Instructions for the task: Return each line of the entries that mentions the word "DeviceState".

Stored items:

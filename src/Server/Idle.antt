-- ===== src/Server/Idle.antt =====
-- The state before the server starts: devices, channels and scenes, and nobody connected.
use suplalite.Common.{
  ℕ, ◌≡◌, refl, sym, ap, ◌∙◌, Bool, true, false, Option, none, some, List, [], inl, inr,
  Option-cases, if◌then◌else◌,
}
use suplalite.Python.Bytes.{Bytes}
use suplalite.Python.Text.{Str}
use suplalite.Python.Dict.{Dict, lookup, put, is_some, put-cases}
use suplalite.Server.Types.{
  ServerState, DeviceState, ChannelState, SceneState, SceneChannelState, Icon, Method, eq_ℕ,
  eq_guid, empty_state, server_started,
}
use suplalite.Server.Icons.{
  Hashing, add_icons, optional_icons, add_scene, join_commas, encoded_icons,
}
use suplalite.Server.Devices.{NewChannel, add_device, add_channel}
use suplalite.Server.Clients.{
  IsConsistent, eq_ℕ-IsEquality, none≢some, some_injective, empty_state-IsConsistent,
}
use suplalite.Server.Owned.{client_of, device_of, IsOwned}
use suplalite.Server.Ownership.{Owns}
use suplalite.Server.World.{Role}

-- The methods that a program calls before it starts the server
pub data SetUp : ServerState → Type 0 where
  empty : SetUp empty_state
  device_added :
      {s : ServerState}
      → SetUp s
      → (name : Str) (guid : Bytes) (manufacturer_id product_id : ℕ)
      → SetUp (add_device s name guid manufacturer_id product_id).1
  channel_added :
      {s : ServerState} → SetUp s → (h : Hashing) (n : NewChannel) → SetUp (add_channel h s n).1
  scene_added :
      {s : ServerState}
      → SetUp s
      → (h : Hashing) (name caption : Str) (channels : List SceneChannelState) (alt_icon : ℕ)
        (icons : Option (List Bytes))
      → SetUp (add_scene h s name caption channels alt_icon icons).1
  started : {s : ServerState} → SetUp s → SetUp (server_started s)

-- Nobody is connected.
record IsIdle (s : ServerState) : Type 0 where
  pub clients : IsConsistent s
  pub no_clients : s.client_connections ≡ []
  pub no_devices : s.device_connections ≡ []
  pub no_events : s.device_events ≡ []
  pub offline : (i : ℕ) (d : DeviceState) → lookup eq_ℕ s.devices i ≡ some d → d.online ≡ false

-- The rest of the state changes.
rest-IsIdle :
    (s : ServerState) (b : Bool) (channels : Dict ℕ ChannelState) (icons : Dict Str Icon)
    (by_id : Dict ℕ Icon) (scenes : Dict ℕ SceneState) (devices : Dict ℕ DeviceState)
    (guids : Dict Bytes ℕ)
    → IsIdle s
    → ((i : ℕ) (d : DeviceState) → lookup eq_ℕ devices i ≡ some d → d.online ≡ false)
    → IsIdle (record s {
      started = b;
      channels = channels;
      icons = icons;
      icons_by_id = by_id;
      scenes = scenes;
      devices = devices;
      device_guid_to_id = guids;
    })
rest-IsIdle s b channels icons by_id scenes devices guids idle off = record {
  clients = record {
    numbered = idle.clients.numbered;
    known = idle.clients.known;
    online = idle.clients.online;
    queues = idle.clients.queues;
    strangers = idle.clients.strangers;
  };
  no_clients = idle.no_clients;
  no_devices = idle.no_devices;
  no_events = idle.no_events;
  offline = off;
}

put-offline :
    (devices : Dict ℕ DeviceState) (i : ℕ) (d' : DeviceState)
    → ((j : ℕ) (d : DeviceState) → lookup eq_ℕ devices j ≡ some d → d.online ≡ false)
    → d'.online ≡ false
    → (j : ℕ) (d : DeviceState) → lookup eq_ℕ (put eq_ℕ devices i d') j ≡ some d
    → d.online ≡ false
put-offline devices i d' off off' j d e = elim (put-cases eq_ℕ eq_ℕ-IsEquality devices i d' j) [
  | inl (same, e1) ↦ ap (λ (x : DeviceState). x.online) (sym (some_injective (sym e1 ∙ e))) ∙ off'
  | inr (other, e1) ↦ off j d (sym e1 ∙ e)
]

-- Icons are added to the icons alone.
optional_icons-IsIdle :
    (h : Hashing) (s : ServerState) (icons : Option (List Bytes))
    → IsIdle s
    → IsIdle (optional_icons h s icons).1
unfolding add_icons
optional_icons-IsIdle h s none idle = idle
optional_icons-IsIdle h s (some icons) idle =
    elim (Option-cases (lookup eq_guid s.icons (join_commas (encoded_icons h.base64 icons)))) [
      | inl e ↦
          rw (e, add_icons)
            (rest-IsIdle s s.started s.channels _ _ s.scenes s.devices s.device_guid_to_id idle
              idle.offline)
      | inr (icon, e) ↦ rw (e, add_icons) idle
    ]

either-IsIdle :
    {A : Type 0} (b : Bool) (x y : Method A)
    → IsIdle x.1
    → IsIdle y.1
    → IsIdle (if b then x else y).1
either-IsIdle true x y idle idle' = idle
either-IsIdle false x y idle idle' = idle'

SetUp-IsIdle : (s : ServerState) → SetUp s → IsIdle s
unfolding add_device add_channel add_scene lookup
SetUp-IsIdle _ empty = record {
  clients = empty_state-IsConsistent;
  no_clients = refl;
  no_devices = refl;
  no_events = refl;
  offline = λ i d e. cc;
}
SetUp-IsIdle _ (device_added {s = s} set_up name guid m p) =
    let idle = SetUp-IsIdle s set_up in
    either-IsIdle s.started _ _ idle (
      rest-IsIdle s s.started s.channels s.icons s.icons_by_id s.scenes _ _ idle
        (put-offline s.devices _ _ idle.offline refl))
SetUp-IsIdle _ (channel_added {s = s} set_up h n) =
    let idle = SetUp-IsIdle s set_up in
    let s' = (optional_icons h s n.icons).1 in
    let idle' = optional_icons-IsIdle h s n.icons idle in
    either-IsIdle s.started _ _ idle (elim (Option-cases (lookup eq_ℕ s.devices n.device_id)) [
      | inl e ↦ rw e (
          rest-IsIdle s' s'.started _ s'.icons s'.icons_by_id s'.scenes s'.devices
            s'.device_guid_to_id idle' idle'.offline)
      | inr (d, e) ↦ rw e (
          rest-IsIdle s' s'.started _ s'.icons s'.icons_by_id s'.scenes _ s'.device_guid_to_id idle'
            (put-offline s.devices n.device_id _ idle.offline (idle.offline n.device_id d e)))
    ])
SetUp-IsIdle _ (scene_added {s = s} set_up h name caption channels alt icons) =
    let idle = SetUp-IsIdle s set_up in
    let s' = (optional_icons h s icons).1 in
    let idle' = optional_icons-IsIdle h s icons idle in
    either-IsIdle s.started _ _ idle (
      rest-IsIdle s' s'.started s'.channels s'.icons s'.icons_by_id _ s'.devices
        s'.device_guid_to_id idle' idle'.offline)
SetUp-IsIdle _ (started {s = s} set_up) =
    let idle = SetUp-IsIdle s set_up in
    rest-IsIdle s true s.channels s.icons s.icons_by_id s.scenes s.devices s.device_guid_to_id idle
      idle.offline

nobody : (kind : Role → Option ℕ) (table : Dict ℕ ℕ) → table ≡ [] → Owns kind [] table
unfolding lookup
nobody kind table e = record {
  held = λ i k e1. absurd (none≢some (ap (λ (t : Dict ℕ ℕ). lookup eq_ℕ t i) (sym e) ∙ e1));
}

nothing : (table : Dict ℕ ℕ) (i : ℕ) → table ≡ [] → lookup eq_ℕ table i ≡ none
unfolding lookup
nothing table i e = ap (λ (t : Dict ℕ ℕ). lookup eq_ℕ t i) e

pub SetUp-IsOwned : (s : ServerState) → SetUp s → IsOwned s []
unfolding lookup
SetUp-IsOwned s set_up =
    let idle = SetUp-IsIdle s set_up in
    record {
      clients = idle.clients;
      devices = record {
        online = λ i d e.
            idle.offline i d e ∙ sym (ap is_some (nothing s.device_connections i idle.no_devices));
        queues = λ i. ap is_some (
            nothing s.device_events i idle.no_events
            ∙ sym (nothing s.device_connections i idle.no_devices));
        strangers = λ i e. nothing s.device_connections i idle.no_devices;
      };
      client_slots = nobody client_of s.client_connections idle.no_clients;
      device_slots = nobody device_of s.device_connections idle.no_devices;
    }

Completed exercise:
  ServerState, DeviceState, ChannelState, SceneState, SceneChannelState, Icon, Method, eq_ℕ,
  pub offline : (i : ℕ) (d : DeviceState) → lookup eq_ℕ s.devices i ≡ some d → d.online ≡ false
    (by_id : Dict ℕ Icon) (scenes : Dict ℕ SceneState) (devices : Dict ℕ DeviceState)
    → ((i : ℕ) (d : DeviceState) → lookup eq_ℕ devices i ≡ some d → d.online ≡ false)
    (devices : Dict ℕ DeviceState) (i : ℕ) (d' : DeviceState)
    → ((j : ℕ) (d : DeviceState) → lookup eq_ℕ devices j ≡ some d → d.online ≡ false)
    → (j : ℕ) (d : DeviceState) → lookup eq_ℕ (put eq_ℕ devices i d') j ≡ some d
  | inl (same, e1) ↦ ap (λ (x : DeviceState). x.online) (sym (some_injective (sym e1 ∙ e))) ∙ off'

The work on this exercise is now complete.